(What to produce): Lines to restate from the data below: from the one containing "inline_decap_gue = true;" to the one containing "abbrev pub syn_bytes : List ℕ", both included. Give them again exactly, and only them.

(Data extracts):
──────────────────────────────

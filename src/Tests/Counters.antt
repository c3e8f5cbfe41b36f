-- ===== src/Tests/Counters.antt =====
-- A witness for the getters of counters.
use katran.Base.{◌-◌, ◌^◌, ◌≡◌, refl, some, List, [], ◌∷◌}
use katran.Structs.{LbStats}
use katran.Lb.{Env}
use katran.Lb.Stats.{
  get_lru_stats, get_lru_miss_stats, get_lru_fallback_stats, get_icmp_too_big_stats,
  get_src_routing_stats, get_inline_decap_stats, get_quic_routing_stats,
}
use katran.Lb.Stats.Sums.{sums, own_counters}
use katran.Tests.Control.{toy_env, fresh}

abbrev wide_env : Env
wide_env = record toy_env { config = record toy_env.config { max_vips = 512 } }

-- Two CPUs, the sum of whose first counters wraps.
abbrev two_cpus : List LbStats
two_cpus = record { v1 = 2 ^ 64 - 1; v2 = 3 } ∷ record { v1 = 5; v2 = 4 } ∷ []

own_counters_example :
    (get_lru_stats wide_env (λ m k. some two_cpus) fresh ≡ (fresh, sums two_cpus))
    × ((get_lru_miss_stats wide_env (λ m k. some two_cpus) fresh ≡ (fresh, sums two_cpus))
        × ((get_lru_fallback_stats wide_env (λ m k. some two_cpus) fresh ≡ (fresh, sums two_cpus))
            × ((get_icmp_too_big_stats wide_env (λ m k. some two_cpus) fresh
                  ≡ (fresh, sums two_cpus))
                × ((get_src_routing_stats wide_env (λ m k. some two_cpus) fresh
                      ≡ (fresh, sums two_cpus))
                    × ((get_inline_decap_stats wide_env (λ m k. some two_cpus) fresh
                          ≡ (fresh, sums two_cpus))
                        × (get_quic_routing_stats wide_env (λ m k. some two_cpus) fresh
                            ≡ (fresh, sums two_cpus)))))))
own_counters_example =
    own_counters wide_env (λ m k. some two_cpus) fresh refl refl refl two_cpus two_cpus two_cpus
      two_cpus two_cpus two_cpus two_cpus refl refl refl refl refl refl refl
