-- ===== src/Tests/Fixtures.antt =====
-- Packets, maps and a kernel for the tests.
use katran.Base.{
  ℕ, zero, suc, ◌+◌, ◌-◌, ◌*◌, ◌%◌, ◌^◌, ◌<◌, arith, true, false, none, some, if◌then◌else◌, ltb,
  leb, ◌==◌, List, [], ◌∷◌, ◌++◌,
}
use katran.Consts.{Config}
use katran.Structs.{VipMeta, RealDefinition, zero_address, flow_eq, empty_description}
use katran.Xdp.{Xdp}
use katran.Run.{State, Maps, Run, done, exit, fault}
use katran.Kernel.{Kernel}

abbrev pub byte_of : List ℕ → ℕ → ℕ
byte_of [] i = 0
byte_of (b ∷ bs) zero = b % 256
byte_of (b ∷ bs) (suc i) = byte_of bs i

pub byte_of-lt : (l : List ℕ) (i : ℕ) → byte_of l i < 256
byte_of-lt [] i = omega arith
byte_of-lt (b ∷ bs) zero = omega arith
byte_of-lt (b ∷ bs) (suc i) = byte_of-lt bs i

abbrev pub size : List ℕ → ℕ
size [] = 0
size (b ∷ bs) = suc (size bs)

-- A driver that leaves 256 bytes in front of the packet.
abbrev pub packet : List ℕ → Xdp
packet l = record { byte = byte_of l; len = size l; room = 256 }

-- A kernel whose helpers do what they are documented to do.
abbrev pub kernel : Kernel
kernel = record {
  ktime_get_ns = λ n. 5000000000 + n;
  smp_processor_id = 0;
  adjust_head_out = λ n x.
      if leb n x.room
      then some (record {
        byte = λ i. if ltb i n then 0 else x.byte (i - n);
        len = x.len + n;
        room = x.room - n;
      })
      else none;
  adjust_head_in = λ n x.
      if leb (n + 14) x.len
      then some (record { byte = λ i. x.byte (n + i); len = x.len - n; room = x.room + n })
      else none;
  adjust_tail_in = λ n x. if leb (n + 14) x.len then some (record x { len = x.len - n }) else none;
  csum_diff = λ f n seed. (seed + f 0) % 2 ^ 32;
  jhash = λ a n seed. (a.w0 + a.w3 + seed) % 2 ^ 32;
  jhash_2words = λ a b seed. (a + b + seed) % 2 ^ 32;
  lru_update_elem = λ l f v g. if flow_eq g f then some v else l g;
  has_subprogram = λ _. true;
}

abbrev pub config : Config
config = record {
  lpm_src_lookup = true;
  icmp_toobig_generation = true;
  inline_decap_ipip = true;
  inline_decap_gue = true;
  gue_encap = false;
}

abbrev pub plain_config : Config
plain_config = record config { inline_decap_ipip = false; inline_decap_gue = false }

abbrev pub gue_config : Config
gue_config = record config { gue_encap = true }

-- Ethernet, and an IPv4 header with a valid checksum from 10.0.0.1 to 10.200.1.1, 20 bytes behind it.
abbrev pub eth_v4 : List ℕ
eth_v4 = 2 ∷ 0 ∷ 0 ∷ 0 ∷ 0 ∷ 1 ∷ 2 ∷ 0 ∷ 0 ∷ 0 ∷ 0 ∷ 2 ∷ 8 ∷ 0 ∷ []

abbrev pub ipv4_header : ℕ → ℕ → ℕ → List ℕ
ipv4_header proto check_hi check_lo =
    0x45 ∷ 0 ∷ 0 ∷ 40 ∷ 0 ∷ 0 ∷ 0 ∷ 0 ∷ 64 ∷ proto ∷ check_hi ∷ check_lo ∷ 10 ∷ 0 ∷ 0 ∷ 1 ∷ 10 ∷ 200
    ∷ 1 ∷ 1 ∷ []

-- From port 31337 to port 80; the flags are the byte at 13.
abbrev pub tcp_header : ℕ → List ℕ
tcp_header flags =
    0x7a ∷ 0x69 ∷ 0 ∷ 80 ∷ 0 ∷ 0 ∷ 0 ∷ 0 ∷ 0 ∷ 0 ∷ 0 ∷ 0 ∷ 0x50 ∷ flags ∷ 0 ∷ 0 ∷ 0 ∷ 0 ∷ 0 ∷ 0 ∷ []

abbrev pub syn_bytes : List ℕ
syn_bytes = eth_v4 ++ (ipv4_header 6 0x65 0x07 ++ tcp_header 2)

abbrev pub syn_packet : Xdp
syn_packet = packet syn_bytes

-- The IPv4 header with a TTL of zero.
abbrev pub ttl_zero_bytes : List ℕ
ttl_zero_bytes =
    eth_v4
    ++ (0x45 ∷ 0 ∷ 0 ∷ 40 ∷ 0 ∷ 0 ∷ 0 ∷ 0 ∷ 0 ∷ 6 ∷ 0xa5 ∷ 0x07 ∷ 10 ∷ 0 ∷ 0 ∷ 1 ∷ 10 ∷ 200 ∷ 1 ∷ 1
        ∷ [])

abbrev pub udp_header : List ℕ
udp_header = 0x7a ∷ 0x69 ∷ 1 ∷ 0xbb ∷ 0 ∷ 30 ∷ 0 ∷ 0 ∷ []

-- QUIC packets with a connection id for the server 1000, and an initial packet.
abbrev pub quic_short_bytes : List ℕ
quic_short_bytes =
    eth_v4
    ++ (ipv4_header 17 0x64 0xfc
        ++ (udp_header ++ (0x40 ∷ 0x40 ∷ 0xfa ∷ 0x05 ∷ 0 ∷ 0 ∷ 0 ∷ 0 ∷ 0 ∷ [])))

abbrev pub quic_long_bytes : ℕ → List ℕ
quic_long_bytes flags =
    eth_v4
    ++ (ipv4_header 17 0x64 0xfc
        ++ (udp_header
            ++ (flags ∷ 0xfa ∷ 0xce ∷ 0xb0 ∷ 0x01 ∷ 8 ∷ 0x40 ∷ 0xfa ∷ 0x05 ∷ 0 ∷ 0 ∷ 0 ∷ 0 ∷ 0
                ∷ [])))

-- An ICMP error to the VIP that quotes a packet from there to 10.0.0.1, with `l4` behind its header.
abbrev pub icmp_error : ℕ → List ℕ → List ℕ
icmp_error proto l4 =
    eth_v4
    ++ (ipv4_header 1 0x65 0x0c
        ++ (3 ∷ 1 ∷ 0 ∷ 0 ∷ 0 ∷ 0 ∷ 0 ∷ 0 ∷ 0x45 ∷ 0 ∷ 0 ∷ 40 ∷ 0 ∷ 0 ∷ 0 ∷ 0 ∷ 64 ∷ proto ∷ 0 ∷ 0
            ∷ 10 ∷ 200 ∷ 1 ∷ 1 ∷ 10 ∷ 0 ∷ 0 ∷ 1 ∷ l4))

-- An echo request with the ICMP checksum and the identifier given.
abbrev pub echo_request : ℕ → ℕ → ℕ → ℕ → List ℕ
echo_request check0 check1 id0 id1 =
    eth_v4 ++ (ipv4_header 1 0x65 0x0c ++ (8 ∷ 0 ∷ check0 ∷ check1 ∷ id0 ∷ id1 ∷ 0 ∷ 0 ∷ []))

abbrev pub zeros : ℕ → List ℕ
zeros zero = []
zeros (suc n) = 0 ∷ zeros n

abbrev pub udp_error : List ℕ
udp_error = icmp_error 17 (1 ∷ 0xbb ∷ 0x7a ∷ 0x69 ∷ zeros 4)

abbrev pub tcp_error : ℕ → List ℕ
tcp_error rest = icmp_error 6 (0 ∷ 80 ∷ 0x7a ∷ 0x69 ∷ zeros rest)

-- From 2001:db8::1 to 2001:db8::2, and back in an ICMPv6 error.
abbrev pub v6_address : ℕ → List ℕ → List ℕ
v6_address host rest = 0x20 ∷ 1 ∷ 0x0d ∷ 0xb8 ∷ (zeros 11 ++ (host ∷ rest))

abbrev pub ipv6_header : ℕ → ℕ → ℕ → List ℕ → List ℕ
ipv6_header next from to rest =
    0x60 ∷ 0 ∷ 0 ∷ 0 ∷ 0 ∷ 8 ∷ next ∷ 64 ∷ v6_address from (v6_address to rest)

abbrev pub eth_v6 : List ℕ
eth_v6 = 2 ∷ 0 ∷ 0 ∷ 0 ∷ 0 ∷ 1 ∷ 2 ∷ 0 ∷ 0 ∷ 0 ∷ 0 ∷ 2 ∷ 0x86 ∷ 0xdd ∷ []

-- An ICMPv6 echo request with the checksum given.
abbrev pub echo_request_v6 : ℕ → ℕ → List ℕ
echo_request_v6 check0 check1 = eth_v6 ++ ipv6_header 58 1 2 (128 ∷ 0 ∷ check0 ∷ check1 ∷ zeros 4)

abbrev pub udp_v6 : List ℕ
udp_v6 = eth_v6 ++ ipv6_header 17 1 2 udp_header

abbrev pub udp_error_v6 : List ℕ
udp_error_v6 =
    eth_v6
    ++ ipv6_header 58 3 2
        (2 ∷ 0 ∷ 0 ∷ 0 ∷ 0 ∷ 0 ∷ 5 ∷ 0xdc ∷ ipv6_header 17 2 1 (1 ∷ 0xbb ∷ 0x7a ∷ 0x69 ∷ zeros 4))

abbrev pub vip : VipMeta
vip = record { flags = 0; vip_num = 1 }

-- 10.200.1.1 and 10.0.0.2, in network order read on a little-endian host.
abbrev pub vip_address : ℕ
vip_address = 10 + 200 * 2 ^ 8 + 1 * 2 ^ 16 + 1 * 2 ^ 24

abbrev pub real : RealDefinition
real = record { dst = record zero_address { w0 = 10 + 2 * 2 ^ 24 }; flags = 0 }

-- One VIP on port 80, one real at the index 7, all slots of the rings on it, all counters zero.
abbrev pub maps : Maps
maps = record {
  vip_map = λ v.
      if v.vip.w0 == vip_address then (if v.port == 80 * 2 ^ 8 then some vip else none) else none;
  lru_maps_mapping = λ cpu. if cpu == 0 then some (λ f. none) else none;
  fallback_lru_cache = λ f. none;
  ch_rings = λ i. some 7;
  reals = λ i. if i == 7 then some real else none;
  reals_stats = λ i. if ltb i 4096 then some (record { v1 = 0; v2 = 0 }) else none;
  stats = λ i. if ltb i 1024 then some (record { v1 = 0; v2 = 0 }) else none;
  quic_mapping = λ i. none;
  lpm_src_v4 = λ key. none;
  lpm_src_v6 = λ key. none;
  ctl_array = λ i. if i == 0 then some (record { value = 0x060504030201 }) else none;
  pckt_srcs = λ i. none;
  decap_dst = λ a. none;
}

abbrev pub state : Xdp → State
state x = record { xdp = x; pckt = empty_description; maps = maps; tick = 0 }

-- The counter of new connections ten short of its maximum.
abbrev pub busy_state : State
busy_state = record (state syn_packet) {
  maps = record maps {
    stats = λ i. if i == 514 then some (record { v1 = 124990; v2 = 5000000000 }) else maps.stats i;
  };
}

-- A TCP flow from 10.0.0.1 to the VIP.
abbrev pub flow_state : State
flow_state = record (state syn_packet) {
  pckt = record empty_description {
    flow = record {
      src = record zero_address { w0 = 10 + 1 * 2 ^ 24 };
      dst = record zero_address { w0 = vip_address };
      port0 = 0x697a;
      port1 = 0x5000;
      proto = 6;
    };
  };
}

abbrev pub state_of : {A : Type 0} → Run A → State
state_of (done a s) = s
state_of (exit a s) = s
state_of fault = flow_state

abbrev pub dport_vip : VipMeta
dport_vip = record { flags = 8; vip_num = 1 }

-- With source addresses for GUE.
abbrev pub source_state : State
source_state = record (state syn_packet) { maps = record maps { pckt_srcs = λ i. some real } }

──────────────────────────────

(Answer below):
  inline_decap_gue = true;
  gue_encap = false;
}

abbrev pub plain_config : Config
plain_config = record config { inline_decap_ipip = false; inline_decap_gue = false }

abbrev pub gue_config : Config
gue_config = record config { gue_encap = true }

-- Ethernet, and an IPv4 header with a valid checksum from 10.0.0.1 to 10.200.1.1, 20 bytes behind it.
abbrev pub eth_v4 : List ℕ
eth_v4 = 2 ∷ 0 ∷ 0 ∷ 0 ∷ 0 ∷ 1 ∷ 2 ∷ 0 ∷ 0 ∷ 0 ∷ 0 ∷ 2 ∷ 8 ∷ 0 ∷ []

abbrev pub ipv4_header : ℕ → ℕ → ℕ → List ℕ
ipv4_header proto check_hi check_lo =
    0x45 ∷ 0 ∷ 0 ∷ 40 ∷ 0 ∷ 0 ∷ 0 ∷ 0 ∷ 64 ∷ proto ∷ check_hi ∷ check_lo ∷ 10 ∷ 0 ∷ 0 ∷ 1 ∷ 10 ∷ 200
    ∷ 1 ∷ 1 ∷ []

-- From port 31337 to port 80; the flags are the byte at 13.
abbrev pub tcp_header : ℕ → List ℕ
tcp_header flags =
    0x7a ∷ 0x69 ∷ 0 ∷ 80 ∷ 0 ∷ 0 ∷ 0 ∷ 0 ∷ 0 ∷ 0 ∷ 0 ∷ 0 ∷ 0x50 ∷ flags ∷ 0 ∷ 0 ∷ 0 ∷ 0 ∷ 0 ∷ 0 ∷ []

abbrev pub syn_bytes : List ℕ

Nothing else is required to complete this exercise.